WORK INSTRUCTION
Reproduce, without any change, the span of lines from the opening of the records below to the line containing "other_payload : String → Payload", inclusive.

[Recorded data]

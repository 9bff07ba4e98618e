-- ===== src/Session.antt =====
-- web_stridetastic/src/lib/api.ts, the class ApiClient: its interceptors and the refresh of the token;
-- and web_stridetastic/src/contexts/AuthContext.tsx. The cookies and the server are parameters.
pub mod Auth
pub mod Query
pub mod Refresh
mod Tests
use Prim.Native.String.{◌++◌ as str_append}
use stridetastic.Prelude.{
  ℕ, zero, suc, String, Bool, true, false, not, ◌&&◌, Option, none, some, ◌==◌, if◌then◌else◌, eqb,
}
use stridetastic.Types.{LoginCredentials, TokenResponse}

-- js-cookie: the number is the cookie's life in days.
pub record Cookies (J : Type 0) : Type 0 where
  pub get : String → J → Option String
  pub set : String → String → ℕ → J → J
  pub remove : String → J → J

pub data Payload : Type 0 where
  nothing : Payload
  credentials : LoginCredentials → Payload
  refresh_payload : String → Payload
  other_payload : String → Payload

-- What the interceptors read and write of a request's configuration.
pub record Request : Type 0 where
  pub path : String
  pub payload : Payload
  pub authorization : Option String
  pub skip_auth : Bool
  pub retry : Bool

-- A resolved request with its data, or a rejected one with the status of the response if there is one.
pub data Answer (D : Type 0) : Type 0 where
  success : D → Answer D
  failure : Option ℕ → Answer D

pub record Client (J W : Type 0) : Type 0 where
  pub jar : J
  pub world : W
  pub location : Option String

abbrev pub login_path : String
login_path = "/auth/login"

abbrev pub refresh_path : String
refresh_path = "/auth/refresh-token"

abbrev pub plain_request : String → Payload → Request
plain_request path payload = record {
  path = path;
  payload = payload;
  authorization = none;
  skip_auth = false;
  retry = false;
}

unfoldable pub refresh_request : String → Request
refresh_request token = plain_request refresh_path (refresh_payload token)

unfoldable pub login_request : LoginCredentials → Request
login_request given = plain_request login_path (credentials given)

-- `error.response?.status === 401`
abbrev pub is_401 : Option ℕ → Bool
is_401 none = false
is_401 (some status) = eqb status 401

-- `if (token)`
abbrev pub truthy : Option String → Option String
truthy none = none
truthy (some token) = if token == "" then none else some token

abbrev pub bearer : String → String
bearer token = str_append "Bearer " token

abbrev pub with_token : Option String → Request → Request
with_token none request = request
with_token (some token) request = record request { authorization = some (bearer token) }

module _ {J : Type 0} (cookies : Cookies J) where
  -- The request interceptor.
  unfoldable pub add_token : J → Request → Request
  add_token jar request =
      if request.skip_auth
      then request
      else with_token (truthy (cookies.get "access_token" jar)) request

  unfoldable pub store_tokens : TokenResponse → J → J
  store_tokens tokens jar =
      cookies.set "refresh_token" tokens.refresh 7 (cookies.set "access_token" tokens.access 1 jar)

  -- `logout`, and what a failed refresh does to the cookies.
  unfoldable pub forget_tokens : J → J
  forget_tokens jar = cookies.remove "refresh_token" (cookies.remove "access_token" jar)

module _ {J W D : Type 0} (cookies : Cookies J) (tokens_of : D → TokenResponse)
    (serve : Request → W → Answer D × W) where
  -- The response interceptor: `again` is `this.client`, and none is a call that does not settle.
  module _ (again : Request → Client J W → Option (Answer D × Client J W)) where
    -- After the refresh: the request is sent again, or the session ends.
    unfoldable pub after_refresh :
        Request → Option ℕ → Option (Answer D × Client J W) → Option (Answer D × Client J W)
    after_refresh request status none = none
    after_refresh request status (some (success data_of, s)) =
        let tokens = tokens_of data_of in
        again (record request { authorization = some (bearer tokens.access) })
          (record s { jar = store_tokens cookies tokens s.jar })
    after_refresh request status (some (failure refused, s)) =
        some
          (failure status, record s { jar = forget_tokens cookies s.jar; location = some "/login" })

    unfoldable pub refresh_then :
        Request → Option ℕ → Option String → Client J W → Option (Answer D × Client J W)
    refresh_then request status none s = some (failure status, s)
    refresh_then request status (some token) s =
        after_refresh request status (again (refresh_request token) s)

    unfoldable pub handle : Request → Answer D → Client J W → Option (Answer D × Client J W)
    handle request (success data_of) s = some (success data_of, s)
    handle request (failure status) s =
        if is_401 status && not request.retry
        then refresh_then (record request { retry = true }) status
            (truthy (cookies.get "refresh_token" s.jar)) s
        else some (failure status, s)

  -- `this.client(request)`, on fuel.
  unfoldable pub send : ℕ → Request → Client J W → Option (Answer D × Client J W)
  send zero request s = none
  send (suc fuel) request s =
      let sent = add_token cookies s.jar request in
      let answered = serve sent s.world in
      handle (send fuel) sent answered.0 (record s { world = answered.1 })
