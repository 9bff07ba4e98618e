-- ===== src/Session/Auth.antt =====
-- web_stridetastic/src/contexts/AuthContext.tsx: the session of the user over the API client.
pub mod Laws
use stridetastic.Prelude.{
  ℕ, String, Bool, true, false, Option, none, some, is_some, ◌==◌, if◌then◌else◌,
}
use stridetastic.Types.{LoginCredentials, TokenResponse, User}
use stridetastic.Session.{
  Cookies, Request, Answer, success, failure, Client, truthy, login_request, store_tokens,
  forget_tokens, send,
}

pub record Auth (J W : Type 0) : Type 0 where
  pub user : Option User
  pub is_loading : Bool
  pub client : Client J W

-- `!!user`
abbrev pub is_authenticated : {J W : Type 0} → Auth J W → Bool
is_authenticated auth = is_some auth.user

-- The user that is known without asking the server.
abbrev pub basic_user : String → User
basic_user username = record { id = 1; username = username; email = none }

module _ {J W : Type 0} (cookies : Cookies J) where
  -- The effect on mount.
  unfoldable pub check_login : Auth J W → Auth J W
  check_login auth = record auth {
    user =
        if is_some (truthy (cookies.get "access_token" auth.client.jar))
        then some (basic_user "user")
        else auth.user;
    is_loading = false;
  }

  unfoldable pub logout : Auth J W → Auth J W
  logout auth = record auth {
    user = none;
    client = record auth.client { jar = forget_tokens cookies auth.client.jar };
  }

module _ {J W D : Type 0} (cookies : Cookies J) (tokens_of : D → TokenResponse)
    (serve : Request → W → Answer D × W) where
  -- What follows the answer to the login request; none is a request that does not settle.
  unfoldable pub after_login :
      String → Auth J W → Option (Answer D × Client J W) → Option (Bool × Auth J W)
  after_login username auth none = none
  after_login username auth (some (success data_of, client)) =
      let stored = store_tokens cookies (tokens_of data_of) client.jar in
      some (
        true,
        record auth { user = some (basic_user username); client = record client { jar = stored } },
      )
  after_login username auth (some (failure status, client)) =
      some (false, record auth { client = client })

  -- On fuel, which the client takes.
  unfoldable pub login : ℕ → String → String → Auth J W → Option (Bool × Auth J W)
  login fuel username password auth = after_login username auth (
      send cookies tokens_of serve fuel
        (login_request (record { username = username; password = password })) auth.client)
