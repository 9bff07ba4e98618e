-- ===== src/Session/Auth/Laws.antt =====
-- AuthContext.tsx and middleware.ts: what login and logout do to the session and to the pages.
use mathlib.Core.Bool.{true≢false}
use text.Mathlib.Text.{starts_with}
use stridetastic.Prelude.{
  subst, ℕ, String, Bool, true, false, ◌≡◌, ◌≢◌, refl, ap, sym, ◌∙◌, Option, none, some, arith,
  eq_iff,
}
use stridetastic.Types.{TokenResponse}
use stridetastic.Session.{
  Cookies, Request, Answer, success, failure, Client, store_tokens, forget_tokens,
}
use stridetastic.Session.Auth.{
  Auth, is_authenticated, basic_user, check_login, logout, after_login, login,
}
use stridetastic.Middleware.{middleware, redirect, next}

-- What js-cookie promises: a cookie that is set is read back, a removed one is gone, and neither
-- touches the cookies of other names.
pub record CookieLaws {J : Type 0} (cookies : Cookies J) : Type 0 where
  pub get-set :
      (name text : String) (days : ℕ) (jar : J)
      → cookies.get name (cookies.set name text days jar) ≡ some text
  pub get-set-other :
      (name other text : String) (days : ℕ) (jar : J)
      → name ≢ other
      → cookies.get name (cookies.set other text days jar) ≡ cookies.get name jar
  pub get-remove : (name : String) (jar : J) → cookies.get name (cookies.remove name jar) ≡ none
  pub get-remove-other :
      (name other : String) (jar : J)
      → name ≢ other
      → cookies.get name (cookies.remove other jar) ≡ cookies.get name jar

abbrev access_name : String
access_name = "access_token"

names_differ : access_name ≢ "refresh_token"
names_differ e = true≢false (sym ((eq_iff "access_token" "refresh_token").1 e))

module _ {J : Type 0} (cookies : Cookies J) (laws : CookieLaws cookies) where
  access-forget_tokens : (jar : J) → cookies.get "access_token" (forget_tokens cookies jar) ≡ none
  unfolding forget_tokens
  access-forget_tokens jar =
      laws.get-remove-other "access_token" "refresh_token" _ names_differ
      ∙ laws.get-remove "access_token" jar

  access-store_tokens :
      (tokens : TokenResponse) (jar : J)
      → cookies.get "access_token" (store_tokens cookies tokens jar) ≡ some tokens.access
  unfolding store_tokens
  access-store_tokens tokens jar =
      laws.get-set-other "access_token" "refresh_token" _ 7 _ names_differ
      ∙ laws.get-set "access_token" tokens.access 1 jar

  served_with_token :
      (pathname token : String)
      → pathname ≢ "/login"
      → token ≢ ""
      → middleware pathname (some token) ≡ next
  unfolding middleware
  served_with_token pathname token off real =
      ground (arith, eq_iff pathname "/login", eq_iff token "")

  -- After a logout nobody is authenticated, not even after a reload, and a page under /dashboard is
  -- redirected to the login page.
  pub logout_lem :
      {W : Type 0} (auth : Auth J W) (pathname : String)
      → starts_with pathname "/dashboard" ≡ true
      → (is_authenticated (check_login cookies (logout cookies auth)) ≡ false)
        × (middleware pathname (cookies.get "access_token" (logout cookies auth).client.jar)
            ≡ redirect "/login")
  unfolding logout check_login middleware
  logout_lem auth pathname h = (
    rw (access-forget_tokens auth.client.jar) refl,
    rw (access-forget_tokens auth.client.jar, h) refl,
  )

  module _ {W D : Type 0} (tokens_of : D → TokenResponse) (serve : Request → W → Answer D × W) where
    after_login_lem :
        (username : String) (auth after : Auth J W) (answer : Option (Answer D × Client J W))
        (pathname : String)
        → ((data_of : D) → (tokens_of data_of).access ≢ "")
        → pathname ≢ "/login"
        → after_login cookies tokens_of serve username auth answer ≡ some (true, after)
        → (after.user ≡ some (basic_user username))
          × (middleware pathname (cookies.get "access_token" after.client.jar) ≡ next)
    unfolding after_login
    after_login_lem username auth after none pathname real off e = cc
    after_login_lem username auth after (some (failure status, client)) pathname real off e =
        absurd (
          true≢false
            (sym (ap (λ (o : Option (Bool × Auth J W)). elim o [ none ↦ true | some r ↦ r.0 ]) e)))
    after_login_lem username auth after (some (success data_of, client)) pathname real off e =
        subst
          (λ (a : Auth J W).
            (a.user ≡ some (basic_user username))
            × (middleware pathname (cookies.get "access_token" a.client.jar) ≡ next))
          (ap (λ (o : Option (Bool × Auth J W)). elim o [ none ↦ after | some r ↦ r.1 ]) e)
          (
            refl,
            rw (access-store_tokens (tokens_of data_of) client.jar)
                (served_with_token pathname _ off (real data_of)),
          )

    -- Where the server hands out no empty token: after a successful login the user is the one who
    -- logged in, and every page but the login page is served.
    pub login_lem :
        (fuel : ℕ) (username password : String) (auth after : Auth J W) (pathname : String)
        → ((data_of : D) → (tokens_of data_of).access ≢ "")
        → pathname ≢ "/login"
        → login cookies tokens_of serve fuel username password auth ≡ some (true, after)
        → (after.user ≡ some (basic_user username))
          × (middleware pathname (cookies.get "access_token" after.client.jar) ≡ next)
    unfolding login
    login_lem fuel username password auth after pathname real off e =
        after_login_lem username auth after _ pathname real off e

RESPONSE BOX
repository 9bff07ba4e98618e
-- ===== src/Session.antt =====
-- web_stridetastic/src/lib/api.ts, the class ApiClient: its interceptors and the refresh of the token;
-- and web_stridetastic/src/contexts/AuthContext.tsx. The cookies and the server are parameters.
pub mod Auth
pub mod Query
pub mod Refresh
mod Tests
use Prim.Native.String.{◌++◌ as str_append}
use stridetastic.Prelude.{
  ℕ, zero, suc, String, Bool, true, false, not, ◌&&◌, Option, none, some, ◌==◌, if◌then◌else◌, eqb,
}
use stridetastic.Types.{LoginCredentials, TokenResponse}

-- js-cookie: the number is the cookie's life in days.
pub record Cookies (J : Type 0) : Type 0 where
  pub get : String → J → Option String
  pub set : String → String → ℕ → J → J
  pub remove : String → J → J

pub data Payload : Type 0 where
  nothing : Payload
  credentials : LoginCredentials → Payload
  refresh_payload : String → Payload
  other_payload : String → Payload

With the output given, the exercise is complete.